Gasland is an environmental propaganda movie.
Commonwealth Foundation - Gasland Debunked

Water contamination from Fracking has been debunked.
Methane was in the water way before fracking.
When Europeans first arrived from Europe and dug their wells on their farms, they found Methane in their water.


----------



## boedicca (Mar 27, 2013)

Speaker said:


> My question is how has Fracking been aloud? Millions of people have hads their water ruined, Yet the oil companies trudge on. For people who support this madness, your reason must be because it creates jobs. But I think we all know this is a corporate lie to win the hearts of the gulable. the human race can live without oil. The only people who cannot (because of there excessive greed) is the oil companies.
> As I all hope you know most of these oil companies also have a connection to a media source of some kind. All they have to do is tell the world that oil/natural gas ect. creates jobs, or is the safest energy source or is finding new, cleaner technologies ;and then we are satisfied. As you have seen on that link and the other hundreds of videos is one thing; Fracking ain't good. Poisoning America's water far beyond what any living soul should encounter. If you watch the movie Gasland and other videos/articles you will see. They government doesn't care for us folks. I am very sorry to say. I love my country, but not when corporations are running it. Don't rely on your senator or represenetive or _president_ too fix our problems, do it your self. Think for yourself people.

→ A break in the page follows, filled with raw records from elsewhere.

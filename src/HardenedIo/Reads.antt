-- ===== src/HardenedIo/Reads.antt =====
-- common/hardened-io.c: what `read_all` returns, however the bytes arrive.
use mathlib.Core.Bool.{false≢true}
use mathlib.Core.List.{append_assoc, append-nil}
use viewglob.Base.{
  ℕ, zero, suc, ◌+◌, ◌-◌, ◌≡◌, refl, sym, ap, ◌∙◌, Bool, true, false, List, [], ◌∷◌, ◌++◌, Option,
  none, some, Bytes, arith, length, length-append,
}
use viewglob.HardenedIo.{
  IoResult, ior_ok, ior_error, ior_eof, Reading, got, read_interrupted, read_failed, IoRead, stored,
  read_all,
}

-- Neither an error nor the end of the file.
abbrev pub goes_on : List Reading → Bool
goes_on [] = true
goes_on (got [] ∷ rs) = false
goes_on (got (c ∷ cs) ∷ rs) = goes_on rs
goes_on (read_interrupted ∷ rs) = goes_on rs
goes_on (read_failed e ∷ rs) = false

abbrev pub bytes_of : List Reading → Bytes
bytes_of [] = []
bytes_of (got s ∷ rs) = s ++ bytes_of rs
bytes_of (_ ∷ rs) = bytes_of rs

stored-stored : (s t : Bytes) (r : Option IoRead) → stored s (stored t r) ≡ stored (s ++ t) r
stored-stored s t none = refl
stored-stored s t (some r) =
    ap (λ u. some (record r { data_read = u })) (sym (append_assoc s t r.data_read))

stored_nothing : (r : Option IoRead) → r ≡ stored [] r
stored_nothing none = refl
stored_nothing (some r) = refl

read_all-append :
    (rs later : List Reading) (m n : ℕ)
    → goes_on rs ≡ true
    → m ≡ length (bytes_of rs) + suc n
    → read_all m (rs ++ later) ≡ stored (bytes_of rs) (read_all (suc n) later)
unfolding read_all
read_all-append [] later m n h e =
    ap (λ k. read_all k later) {y = suc n} (omega (arith, e)) ∙ stored_nothing _
read_all-append (got [] ∷ rs) later m n h e = absurd (false≢true h)
read_all-append (got (c ∷ cs) ∷ rs) later zero n h e = absurd (omega arith)
read_all-append (got (c ∷ cs) ∷ rs) later (suc m) n h e =
    ap (stored (c ∷ cs)) (
      read_all-append rs later (m - length cs) n h
        (omega (arith, e, length-append cs (bytes_of rs))))
    ∙ stored-stored (c ∷ cs) (bytes_of rs) _
read_all-append (read_interrupted ∷ rs) later zero n h e = absurd (omega arith)
read_all-append (read_interrupted ∷ rs) later (suc m) n h e = read_all-append rs later (suc m) n h e
read_all-append (read_failed d ∷ rs) later m n h e = absurd (false≢true h)

-- While more is wanted than has arrived, in whatever pieces and with whatever interruptions: the
-- piece that completes it makes the call return the bytes in order; an error and the end of the file
-- are reported, with what had arrived stored.
pub read_all-Reading :
    (rs later : List Reading) (c : ℕ) (cs : Bytes) (e : ℕ)
    → goes_on rs ≡ true
    → (read_all (length (bytes_of rs ++ c ∷ cs)) (rs ++ got (c ∷ cs) ∷ later)
        ≡ some (record { result = ior_ok; data_read = bytes_of rs ++ c ∷ cs; later = later }))
      × (read_all (length (bytes_of rs ++ c ∷ cs)) (rs ++ read_failed e ∷ later)
          ≡ some (record { result = ior_error; data_read = bytes_of rs; later = later }))
      × (read_all (length (bytes_of rs ++ c ∷ cs)) (rs ++ got [] ∷ later)
          ≡ some (record { result = ior_eof; data_read = bytes_of rs; later = later }))
unfolding read_all
read_all-Reading rs later c cs e h = (
  read_all-append rs (got (c ∷ cs) ∷ later) _ (length cs) h measured
      ∙ ap (λ k. stored (bytes_of rs) (stored (c ∷ cs) (read_all k later))) (zero_left (length cs))
      ∙ completed,
  read_all-append rs (read_failed e ∷ later) _ (length cs) h measured ∙ stopped ior_error,
  read_all-append rs (got [] ∷ later) _ (length cs) h measured ∙ stopped ior_eof,
)
  where
    measured : length (bytes_of rs ++ c ∷ cs) ≡ length (bytes_of rs) + suc (length cs)
    measured = length-append (bytes_of rs) (c ∷ cs)

    zero_left : (k : ℕ) → k - k ≡ 0
    zero_left k = omega arith

    completed :
        stored (bytes_of rs) (stored (c ∷ cs) (read_all 0 later))
        ≡ some (record { result = ior_ok; data_read = bytes_of rs ++ c ∷ cs; later = later })
    completed =
        ap (λ u. some (record { result = ior_ok; data_read = bytes_of rs ++ u; later = later }))
          (append-nil (c ∷ cs))

    stopped :
        (r : IoResult)
        → stored (bytes_of rs) (some (record { result = r; data_read = []; later = later }))
          ≡ some (record { result = r; data_read = bytes_of rs; later = later })
    stopped r =
        ap (λ u. some (record { result = r; data_read = u; later = later }))
          (append-nil (bytes_of rs))
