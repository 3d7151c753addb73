-- ===== src/Sanitize.antt =====
-- vgseer/sanitize.c: the command line as it is given to the sandbox shell, without what could make
-- the shell run or write something.
pub mod Output
pub mod Plain
use viewglob.Base.{
  ℕ, zero, suc, ◌+◌, ◌-◌, Bool, true, false, not, ◌&&◌, ◌||◌, List, [], ◌∷◌, ◌++◌, Option, none,
  some, Bytes, ◌==◌, ltb, length, get_or, take, if◌then◌else◌,
}

-- `enum quote_type`; `QT_DUMMY` is never pushed, and stands here for an empty list.
pub data QuoteType : Type 0 where
  qt_single qt_double qt_extglob_paren : QuoteType

pub record SaneCmd : Type 0 where
  pub last_char_backslash : Bool
  pub last_char_exclamation : Bool
  pub last_char_dollar : Bool
  pub skip_word : Bool
  pub ql : List QuoteType
  pub command : Bytes

abbrev pub empty_cmd : SaneCmd
empty_cmd = record {
  last_char_backslash = false;
  last_char_exclamation = false;
  last_char_dollar = false;
  skip_word = false;
  ql = [];
  command = [];
}

-- After a character the loop goes on, or ends (`i = string->len`).
pub data Next : Type 0 where
  go_on stop : SaneCmd → Next

abbrev pub add_char : ℕ → SaneCmd → SaneCmd
add_char c s = record s { command = s.command ++ c ∷ [] }

unfoldable pub backspace : SaneCmd → SaneCmd
backspace s =
    if ltb 0 (length s.command)
    then record s { command = take (length s.command - 1) s.command }
    else s

last_char : ℕ → SaneCmd → Bool
last_char c s = ltb 0 (length s.command) && get_or s.command (length s.command - 1) 0 == c

abbrev same_type : QuoteType → QuoteType → Bool
same_type qt_single qt_single = true
same_type qt_double qt_double = true
same_type qt_extglob_paren qt_extglob_paren = true
same_type _ _ = false

abbrev top_is : QuoteType → List QuoteType → Bool
top_is qt [] = false
top_is qt (q ∷ qs) = same_type q qt

abbrev pub in_quote : QuoteType → SaneCmd → Bool
in_quote qt s = top_is qt s.ql

abbrev tail : List QuoteType → List QuoteType
tail [] = []
tail (q ∷ qs) = qs

abbrev pub ql_pop : SaneCmd → SaneCmd
ql_pop s = record s { ql = tail s.ql }

abbrev pub ql_push : QuoteType → SaneCmd → SaneCmd
ql_push qt s = record s { ql = qt ∷ s.ql }

-- `while (c != ' ' && ...)`, over as many rounds as there are characters. The `c` is the character
-- at the length of the text.
delete_rounds : ℕ → SaneCmd → SaneCmd
delete_rounds zero s = s
delete_rounds (suc n) s =
    let c = get_or s.command (length s.command) 0 in
    let rest = delete_rounds n (backspace s) in
    if not (c == b' ') && not (c == b'\t') && not (c == b'\n') && ltb 0 (length s.command)
    then rest
    else s

unfoldable pub delete_current_word : SaneCmd → SaneCmd
unfolding delete_rounds
delete_current_word s = delete_rounds (length s.command) s

abbrev escaped : ℕ → SaneCmd → Next
escaped c s = go_on (add_char c (record s { last_char_backslash = false }))

-- What most cases do: the character is taken where `quoted`, or behind a backslash.
abbrev taken_or : Bool → ℕ → SaneCmd → Next → Next
taken_or quoted c s other =
    if quoted then go_on (add_char c s) else if s.last_char_backslash then escaped c s else other

abbrev in_some_quote : SaneCmd → Bool
in_some_quote s = in_quote qt_single s || in_quote qt_double s || in_quote qt_extglob_paren s

single_quote : ℕ → SaneCmd → Next
single_quote c s =
    if in_quote qt_single s
    then go_on (add_char c (ql_pop s))
    else taken_or (in_quote qt_double s) c s (go_on (add_char c (ql_push qt_single s)))

double_quote : ℕ → SaneCmd → Next
double_quote c s =
    if in_quote qt_single s
    then go_on (add_char c s)
    else if in_quote qt_double s
    then go_on (add_char c (ql_pop s))
    else if s.last_char_backslash
    then escaped c s
    else go_on (add_char c (ql_push qt_double s))

backslash : ℕ → SaneCmd → Next
backslash c s =
    taken_or (in_quote qt_single s || in_quote qt_double s) c s
      (go_on (add_char c (record s { last_char_backslash = true })))

dollar : ℕ → SaneCmd → Next
dollar c s =
    taken_or (in_quote qt_single s) c s (go_on (add_char c (record s { last_char_dollar = true })))

exclamation : ℕ → SaneCmd → Next
exclamation c s =
    if in_quote qt_single s
    then go_on (add_char c s)
    else if in_quote qt_extglob_paren s
    then go_on s
    else if s.last_char_backslash
    then escaped c s
    else go_on (add_char c (record s { last_char_exclamation = true }))

blank : ℕ → SaneCmd → Next
blank c s = go_on (
    add_char c (
      if s.last_char_exclamation
      then record s { last_char_exclamation = false }
      else if s.last_char_backslash
      then record s { last_char_backslash = false }
      else if s.skip_word
      then record s { skip_word = false }
      else s))

open_paren : ℕ → SaneCmd → Next
unfolding backspace last_char
open_paren c s =
    let t = record s { last_char_exclamation = false } in
    taken_or (in_quote qt_single s) c s (
      if s.last_char_exclamation
      then (if in_quote qt_double s
          then stop (record (backspace s) { last_char_exclamation = false })
          else go_on (add_char c (ql_push qt_extglob_paren t)))
      else if in_quote qt_double s
      then go_on (add_char c s)
      else if last_char b'?' s || last_char b'*' s || last_char b'+' s || last_char b'@' s
      then go_on (add_char c (ql_push qt_extglob_paren s))
      else stop s)

close_paren : ℕ → SaneCmd → Next
close_paren c s =
    taken_or (in_quote qt_single s || in_quote qt_double s) c s
      (if in_quote qt_extglob_paren s then go_on (add_char c (ql_pop s)) else go_on s)

backtick : ℕ → SaneCmd → Next
backtick c s = taken_or (in_quote qt_single s) c s (stop s)

unfoldable pub finisher : ℕ → SaneCmd → Next
finisher c s = taken_or (in_some_quote s) c s (stop s)

redirection : ℕ → SaneCmd → Next
unfolding delete_current_word
redirection c s = taken_or (in_some_quote s) c s (stop (delete_current_word s))

-- the `switch`
unfoldable pub switch : ℕ → SaneCmd → Next
unfolding single_quote double_quote backslash dollar exclamation blank open_paren close_paren
    backtick finisher redirection
switch c s =
    if c == 0o47
    then single_quote c s
    else if c == b'"'
    then double_quote c s
    else if c == b'\\'
    then backslash c s
    else if c == b'$'
    then dollar c s
    else if c == b'!'
    then exclamation c s
    else if c == b' ' || c == b'\t'
    then blank c s
    else if c == b'('
    then open_paren c s
    else if c == b')'
    then close_paren c s
    else if c == b'`'
    then backtick c s
    else if c == b';' || c == b'&' || c == b'|'
    then finisher c s
    else if c == b'\r' || c == b'\n'
    then go_on s
    else if c == b'>' || c == b'<'
    then redirection c s
    else go_on (add_char c (record s { last_char_backslash = false }))

-- `if (s.skip_word)`
skip_or_switch : ℕ → SaneCmd → Next
skip_or_switch c s =
    if s.skip_word
    then (if c == b' ' || c == b'\t' then switch c (record s { skip_word = false }) else go_on s)
    else switch c s

-- The body of the loop.
unfoldable pub sanitize_char : ℕ → SaneCmd → Next
unfolding skip_or_switch backspace
sanitize_char c s =
    if s.last_char_exclamation
    then (if not (c == b'(') && not (c == b' ') && not (c == b'\t') && not (c == b'\n')
        then go_on (backspace (record s { skip_word = true; last_char_exclamation = false }))
        else skip_or_switch c s)
    else if s.last_char_dollar
    then (if not (c == b' ') && not (c == b'\t') && not (c == b'\n')
        then stop (record (backspace s) { last_char_dollar = false })
        else skip_or_switch c (record s { last_char_dollar = false }))
    else skip_or_switch c s

unfoldable pub sanitize_loop : Bytes → SaneCmd → SaneCmd
sanitize_loop [] s = s
sanitize_loop (c ∷ cs) s = elim (sanitize_char c s) [ go_on t ↦ sanitize_loop cs t | stop t ↦ t ]

abbrev closing : QuoteType → ℕ
closing qt_single = 0o47
closing qt_double = b'"'
closing qt_extglob_paren = b')'

-- Close unclosed quotes, from the innermost out.
unfoldable pub close_quotes : List QuoteType → SaneCmd → SaneCmd
unfolding backspace
close_quotes [] s = record s { ql = [] }
close_quotes (qt ∷ qs) s =
    let t =
      if s.last_char_exclamation
      then record (backspace s) { last_char_exclamation = false }
      else s in
    close_quotes qs (add_char (closing qt) t)

abbrev no_trailing_backslash : SaneCmd → SaneCmd
no_trailing_backslash s =
    if s.last_char_backslash then record (backspace s) { last_char_backslash = false } else s

-- What the loop leaves, without a trailing backslash and with its quotes closed.
abbrev pub finished : SaneCmd → Bytes
unfolding close_quotes backspace
finished s = let t = no_trailing_backslash s in (close_quotes t.ql t).command

unfoldable pub sanitize : Bytes → Bytes
unfolding sanitize_loop sanitize_char switch close_quotes backspace
sanitize string = finished (sanitize_loop string empty_cmd)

Link?  And the Matt Damon movie doesn't count as a source.


----------



## ClosedCaption (Mar 27, 2013)

peach174 said:


> Speaker said:
> 
> 
> > My question is how has Fracking been aloud? Millions of people have hads their water ruined, Yet the oil companies trudge on. For people who support this madness, your reason must be because it creates jobs. But I think we all know this is a corporate lie to win the hearts of the gulable. the human race can live without oil. The only people who cannot (because of there excessive greed) is the oil companies.
> ...



Gasland is an environmental movie
Water contamination from Fracking is real
Cool story bro...Many fisherman from Europe used sticks to fish...Comparing that to modern day fishing would be stupid....thats what you just did


----------



## boedicca (Mar 27, 2013)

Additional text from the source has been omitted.